The fairytale version of Juneteenth
The fairy tale version of Juneteenth we know begins with the assertion that the Emancipation Proclamation freed all enslaved persons on Jan. 1, 1863. The mythic telling of the Juneteenth tale continues by asserting that after the Emancipation Proclamation, the enslaved in Texas were oblivious to the news because they were not notified until over two years later on June 19, 1865 when
Horne calls BS.
“I support this new holiday,” Horne said during a 2023 Activist News Network interview, “but I also support historical accuracy.”
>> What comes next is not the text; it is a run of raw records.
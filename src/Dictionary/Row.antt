-- ===== src/Dictionary/Row.antt =====
-- The inner loop over the cells of one row.
use java_profiler.Base.{
  ℕ, zero, suc, ◌+◌, ◌-◌, ◌≤◌, ◌<◌, true, false, ◌≡◌, refl, ◌≢◌, length, List, Option, none, some,
  arith, update, inl, inr, Option-cases, Bool-cases, ◌==◌,
}
use java_profiler.Dictionary.Key.{allocate_key, key_equals}
use java_profiler.Dictionary.{found, free, absent, scan}

-- Cells are filled from the left, so behind a free cell there are only free cells.
abbrev pub IsFilled : (ℕ → Option (List ℕ)) → Type 0
IsFilled keys = (k : ℕ) → keys k ≡ none → keys (k + 1) ≡ none

module _ (key : List ℕ) (keys : ℕ → Option (List ℕ)) where
  -- A writer finds the key where a reader does.
  pub scan-true_found :
      (left c k : ℕ) → scan true key keys left c ≡ found k → scan false key keys left c ≡ found k
  unfolding scan
  scan-true_found zero c k e = cc
  scan-true_found (suc left) c k e = ground (arith, scan-true_found left (c + 1) k)

  absent_first :
      (left c : ℕ)
      → scan true key keys (suc left) c ≡ absent
      → (keys c ≢ none) × (scan true key keys left (c + 1) ≡ absent)
  unfolding scan
  absent_first left c e = (λ n. ground arith, ground arith)

  -- A writer that finds no cell to fill sees a full row without the key.
  pub scan-true_absent :
      (left c : ℕ)
      → scan true key keys left c ≡ absent
      → (scan false key keys left c ≡ absent) × ((k : ℕ) → c ≤ k → k < c + left → keys k ≢ none)
  unfolding scan
  scan-true_absent zero c e = (refl, λ k lo hi. absurd (omega arith))
  scan-true_absent (suc left) c e =
      let (here, rest) = absent_first left c e in
      let (r, full) = scan-true_absent left (c + 1) rest in
      (
        ground arith,
        λ k lo hi. elim (Bool-cases (c == k)) [
          | inl same ↦ let q : c ≡ k = ground arith in rw (← q) here
          | inr other ↦ full k (ground arith) (omega arith)
        ],
      )

  -- The key is found in a cell that holds an equal one.
  pub scan-false_found :
      (left c k : ℕ)
      → scan false key keys left c ≡ found k
      → (candidate : List ℕ) × (keys k ≡ some candidate)
        × (key_equals candidate key (length key) ≡ true)
        × (c ≤ k)
        × (k < c + left)
  unfolding scan
  scan-false_found zero c k e = cc
  scan-false_found (suc left) c k e = elim (Option-cases (keys c)) [
    | inl n ↦
        let (candidate, p, q, lo, hi) = scan-false_found left (c + 1) k (ground arith) in
        (candidate, p, q, omega arith, omega arith)
    | inr (candidate, n) ↦ elim (Bool-cases (key_equals candidate key (length key))) [
      | inl same ↦
          let here : c ≡ k = ground arith in
          (candidate, rw (← here) n, same, omega arith, omega arith)
      | inr other ↦
          let (candidate', p, q, lo, hi) = scan-false_found left (c + 1) k (ground arith) in
          (candidate', p, q, omega arith, omega arith)
    ]
  ]

  pub scan_empty :
      (left c : ℕ) → ((k : ℕ) → c ≤ k → keys k ≡ none) → scan false key keys left c ≡ absent
  unfolding scan
  scan_empty zero c h = refl
  scan_empty (suc left) c h =
      ground (arith, h c, scan_empty left (c + 1) (λ k lo. h k (omega arith)))

  filled_after : IsFilled keys → (n k : ℕ) → keys k ≡ none → keys (k + n) ≡ none
  filled_after filled zero k e = let z : k + 0 ≡ k = omega arith in rw z e
  filled_after filled (suc n) k e =
      let z : k + suc n ≡ (k + n) + 1 = omega arith in
      rw z (filled (k + n) (filled_after filled n k e))

  pub record IsFree (left c k : ℕ) : Type 0 where
    pub lower : c ≤ k
    pub upper : k < c + left
    pub unset : keys k ≡ none
    pub before : (j : ℕ) → c ≤ j → j < k → keys j ≢ none
    pub missing : scan false key keys left c ≡ absent
    pub stored :
        key_equals (allocate_key key) key (length key) ≡ true
        → scan false key (update keys k (some (allocate_key key))) left c ≡ found k

  -- A writer fills the first free cell; a reader would not have found the key, and then does.
  pub scan-true_free :
      (left c k : ℕ) → IsFilled keys → scan true key keys left c ≡ free k → IsFree left c k
  unfolding scan
  scan-true_free zero c k filled e = cc
  scan-true_free (suc left) c k filled e = elim (Option-cases (keys c)) [
    | inl n ↦
        let here : c ≡ k = ground arith in
        let behind : (j : ℕ) → c + 1 ≤ j → keys j ≡ none =
          λ j lo. let z : j ≡ c + (j - c) = omega arith in rw z (filled_after filled (j - c) c n) in
        record {
          lower = omega arith;
          upper = omega arith;
          unset = rw (← here) n;
          before = λ j lo hi. absurd (omega arith);
          missing = ground (arith, scan_empty left (c + 1) behind);
          stored = λ same. ground arith;
        }
    | inr (candidate, n) ↦
        let rest : scan true key keys left (c + 1) ≡ free k = ground arith in
        let other : key_equals candidate key (length key) ≡ false = ground arith in
        let r = scan-true_free left (c + 1) k filled rest in
        record {
          lower = omega (arith, r.lower);
          upper = omega (arith, r.upper);
          unset = r.unset;
          before = λ j lo hi. elim (Bool-cases (c == j)) [
            | inl same ↦ let q : c ≡ j = ground arith in rw (← q) (λ z. cc)
            | inr apart ↦ r.before j (ground arith) hi
          ];
          missing = ground (arith, r.missing);
          stored = λ same. ground (arith, r.stored same, r.lower);
        }
  ]

-- Filling a free cell does not change what a reader of another key sees.
pub scan_other :
    (j key : List ℕ) (keys : ℕ → Option (List ℕ)) (k : ℕ)
    → keys k ≡ none
    → key_equals (allocate_key key) j (length j) ≡ false
    → (left c : ℕ)
    → scan false j (update keys k (some (allocate_key key))) left c ≡ scan false j keys left c
unfolding scan
scan_other j key keys k unset differ zero c = refl
scan_other j key keys k unset differ (suc left) c = elim (Bool-cases (k == c)) [
  | inl same ↦
      let q : k ≡ c = ground arith in
      ground (arith, scan_other j key keys k unset differ left (c + 1))
  | inr apart ↦ ground (arith, scan_other j key keys k unset differ left (c + 1))
]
Emancipation Proclamation’s limited reach
Horne points to the Emancipation Proclamation’s “limited reach,” referring to two facts. First, it declared “that all persons held as slaves” within the Confederacy “are, and henceforward shall be free. The problem with this assertion is that President Abraham Lincoln’s words carried no weight in the treasonous Confederacy, as those states were no longer part of the U.S. and were not bound by U.S. laws.
“It would be as if the U.S. Congress passed a law tomorrow illegalizing whatever slavery still exists in Mauritania in West Africa. It might be a nice and noble gesture, but the U.S. government’s [power] does not reach, at least in a formal sense to Mauritania,” said Horne.
Not all freed
Additionally, the proclamation did not free enslaved beings in states loyal to the Union. All enslaved persons in the U.S. were declared free via U.S. General Gordon Granger’s June 19, 1865 reading of General Orders No. 3 in Galveston, saying, “The people of Texas are informed that, in accordance with a proclamation from the Executive of the United States, all slaves are free,” that “freedom” came.
However, the ratification of the 13th Amendment in December, 1865 constitutionally abolished slavery. And even then, Delaware was among the last states to ratify the 13th Amendment outlawing slavery, waiting until February 1901, more than 35 years after the end of the Civil War
Grapevine real
Moreover, Horne asserts the idea that the enslaved knew nothing of the Emancipation Proclamation, whether it technically applied to them or not, is fiction.
“It belies the point that there was this grapevine, that is well-known and well-documented, amongst the enslaved where certainly they had received news of the Emancipation Proclamation. But what were they going to do about it when they were having to work for free under gunpoint?”
And as has been stated, countless scholars verified the existence of a grapevine amongst the enslaved. So, the idea that enslaved beings in Texas knew nothing of the 1863 Emancipation Proclamation until June 19, 1865, is a misread of history.